I thought about protesting, but it wouldn't have done any good and it didn't really matter, since the game was predetermined by relative size (monsters versus dwarfs) and athletic ability (some versus none). There wasn't much reason for our team to warm up, so I told them to sit down and try to remember some of the basic rules.

The SuperSaver cheerleaders tried to rouse the crowd out of its amiable indolence by shrieking and cartwheeling into each other. When they finally gave up (and got up), Mrs. Jim Bob dragged Brother Verber to home plate and clapped her hands until everybody settled down.

"Brother Verber will now lead us in the invocation," she announced.

He wiped his forehead, shot a fearful look at the bleachers, and finally found his voice. "We are gathered here today," he began sonorously, "to test the skills of these two teams of Maggody children-but we are not here with God's blessings. God is wincing as He looks down at this field. He is gnashing His teeth. He is rubbing His hands together and sighing. Why? Do you want to know why God's unhappy today in heaven?"
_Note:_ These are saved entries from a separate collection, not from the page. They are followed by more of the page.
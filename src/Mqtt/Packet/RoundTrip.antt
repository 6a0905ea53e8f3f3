-- ===== src/Mqtt/Packet/RoundTrip.antt =====
-- internal/mqtt/packet.go: a packet that `Write` accepts is the packet that `Read` returns.
use Prim.Native.Nat.{bit_and, bit_or}
use enisa_sbd_example.Common.{
  ℕ, ◌+◌, ◌*◌, ◌%◌, ◌<◌, ◌≤◌, ◌≡◌, [], ◌∷◌, ◌++◌, append_assoc, Bytes, length, IsByte, ℤ, ok, arith,
}
use enisa_sbd_example.Common.Bits.{bit_and-0x0f, bit_or_nibbles}
use enisa_sbd_example.Mqtt.Wire.{IoError, max_packet_size, read_byte}
use enisa_sbd_example.Mqtt.Wire.RoundTrip.{read_full-append}
use enisa_sbd_example.Mqtt.Varint.{append_varint}
use enisa_sbd_example.Mqtt.Varint.RoundTrip.{read_varint-append_varint, append_varint-eq}
use enisa_sbd_example.Mqtt.Packet.{packet_limit, read, write}

pub packet_limit-le : (max : ℤ) → packet_limit max ≤ max_packet_size
packet_limit-le max = ground arith

-- The first byte of a packet: type and flags.
pub header : ℕ → ℕ → ℕ
header t flags = t * 16 + flags % 16

write-header :
    (t flags : ℕ)
    → t < 16
    → IsByte flags
    → bit_or (t * 16 % 256) (bit_and flags 0x0f) ≡ header t flags
unfolding header
write-header t flags h k = ground (arith, bit_and-0x0f flags, bit_or_nibbles t (flags % 16))

-- The bytes on the wire: the header, the length, the body.
pub write-eq-ok :
    (t flags : ℕ) (body : Bytes)
    → t < 16
    → IsByte flags
    → length body ≤ max_packet_size
    → write t flags body ≡ ok (header t flags ∷ (append_varint [] (length body) ++ body))
unfolding write
write-eq-ok t flags body ht hf hb =
    ground (arith, write-header t flags, append_varint-eq (header t flags ∷ []) (length body))

-- Whatever fits the limit that the reader asks for is read back as it was written: the type, the
-- low four bits of the flags, the body, and the bytes behind the packet untouched.
pub read-write :
    (t flags : ℕ) (body wire rest : Bytes) (ending : IoError) (max : ℤ)
    → t < 16
    → IsByte flags
    → length body ≤ packet_limit max
    → write t flags body ≡ ok wire
    → read (record { bytes = wire ++ rest; ending = ending }) max
      ≡ ok (
        record { type = t; flags = flags % 16; body = body },
        record { bytes = rest; ending = ending },
      )
unfolding read read_byte header
read-write t flags body wire rest ending max ht hf hb e = ground (
  arith,
  packet_limit-le max,
  write-eq-ok t flags body,
  append_assoc (append_varint [] (length body)) body rest,
  read_varint-append_varint (length body) (body ++ rest) ending,
  read_full-append body rest ending,
  bit_and-0x0f (t * 16 + flags % 16),
)
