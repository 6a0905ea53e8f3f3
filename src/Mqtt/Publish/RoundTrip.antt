-- ===== src/Mqtt/Publish/RoundTrip.antt =====
-- internal/mqtt/packet.go: a PUBLISH is decoded to what was encoded.
use Prim.Native.Nat.{bit_and}
use enisa_sbd_example.Common.{
  ◌*◌, ◌/◌, ◌%◌, ◌^◌, ◌<◌, ◌≤◌, ◌≡◌, [], ◌∷◌, append_assoc, ltb, length, ok, if◌then◌else◌, arith,
}
use enisa_sbd_example.Common.Bits.{bit_and-0x03}
use enisa_sbd_example.Mqtt.Wire.{append_string}
use enisa_sbd_example.Mqtt.Wire.RoundTrip.{decode_string-append_string, uint16_bytes}
use enisa_sbd_example.Mqtt.Publish.{Publish, encode_publish, decode_publish, take_packet_id}

-- At QoS 0 no packet identifier is on the wire, and the decoder reports 0.
abbrev pub on_the_wire : Publish → Publish
on_the_wire p = record p { packet_id = if ltb 0 p.qos then p.packet_id else 0 }

-- With the QoS below 2, a topic of at most 65535 bytes and a 16-bit packet identifier, decoding what
-- `EncodePublish` built gives the same PUBLISH back.
pub decode_publish-encode_publish :
    (p : Publish)
    → p.qos ≤ 1
    → length p.topic < 2 ^ 16
    → p.packet_id < 2 ^ 16
    → decode_publish (encode_publish p).0 (encode_publish p).1 ≡ ok (on_the_wire p)
unfolding decode_publish encode_publish take_packet_id
decode_publish-encode_publish p hq ht hi = ground (
  arith,
  bit_and-0x03 p.qos,
  bit_and-0x03 (bit_and p.qos 0x03 * 2 % 256 / 2),
  uint16_bytes p.packet_id,
  append_assoc (append_string [] p.topic) ((p.packet_id / 256 % 256) ∷ (p.packet_id % 256) ∷ [])
      p.payload,
  decode_string-append_string p.topic p.payload,
  decode_string-append_string p.topic ((p.packet_id / 256 % 256) ∷ (p.packet_id % 256) ∷ p.payload),
)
Nobody admitted to possession of an inquiring mind. After a quick swipe with the handkerchief, Brother Verber sucked in a lungful and told us, anyway. "Because one team is made up of outstanding young boys, each dedicated to the principles of competition and fair play."

"How young are they?" Saralee called.

"Young, little lady. Now this other team"-he made a grandiose sweep in our direction-"this other team has violated the laws of God, not to mention all standards of human decency. This other team has girls and boys playing together! And do you know what that means?" He had to pause to get another lungful, but he had enough sense not to demand any response from the crowd, most of whom were eyeing the Flamingos in case they commenced violating standards right there on the spot. "It means they have wicked thoughts running through their previously innocent little minds. They are seeing each other's bodies, and boys are wondering what all there is under those curvaceous pink T-shirts and the girls are wondering the same about those tight-cut jeans. They are thinking about sex."

"I'm thinking you're an asshole," Hammet volunteered.

"Me, too," Saralee added loyally.

"That's an example of what I'm talking about," Brother Verber said, his nose pulsating and his face beginning to drip. "There is a passel of wickedness in Maggody, and it comes from boys and girls being thrown together-on baseball teams and on porch swings. It leads to lust and depravity and-"

"Magazine subscriptions?" Kevin Buchanon said loudly. It would have been more impressive if his voice hadn't cracked, but now all heads turned to the far end of the bleachers. "What about magazine subscriptions?"

"I don't know what you're talking about, but I think it's Satan hisself I'm hearing," Brother Verber blustered. "Satan hisself is perched on your shoulder, ain't he? Satan hisself!"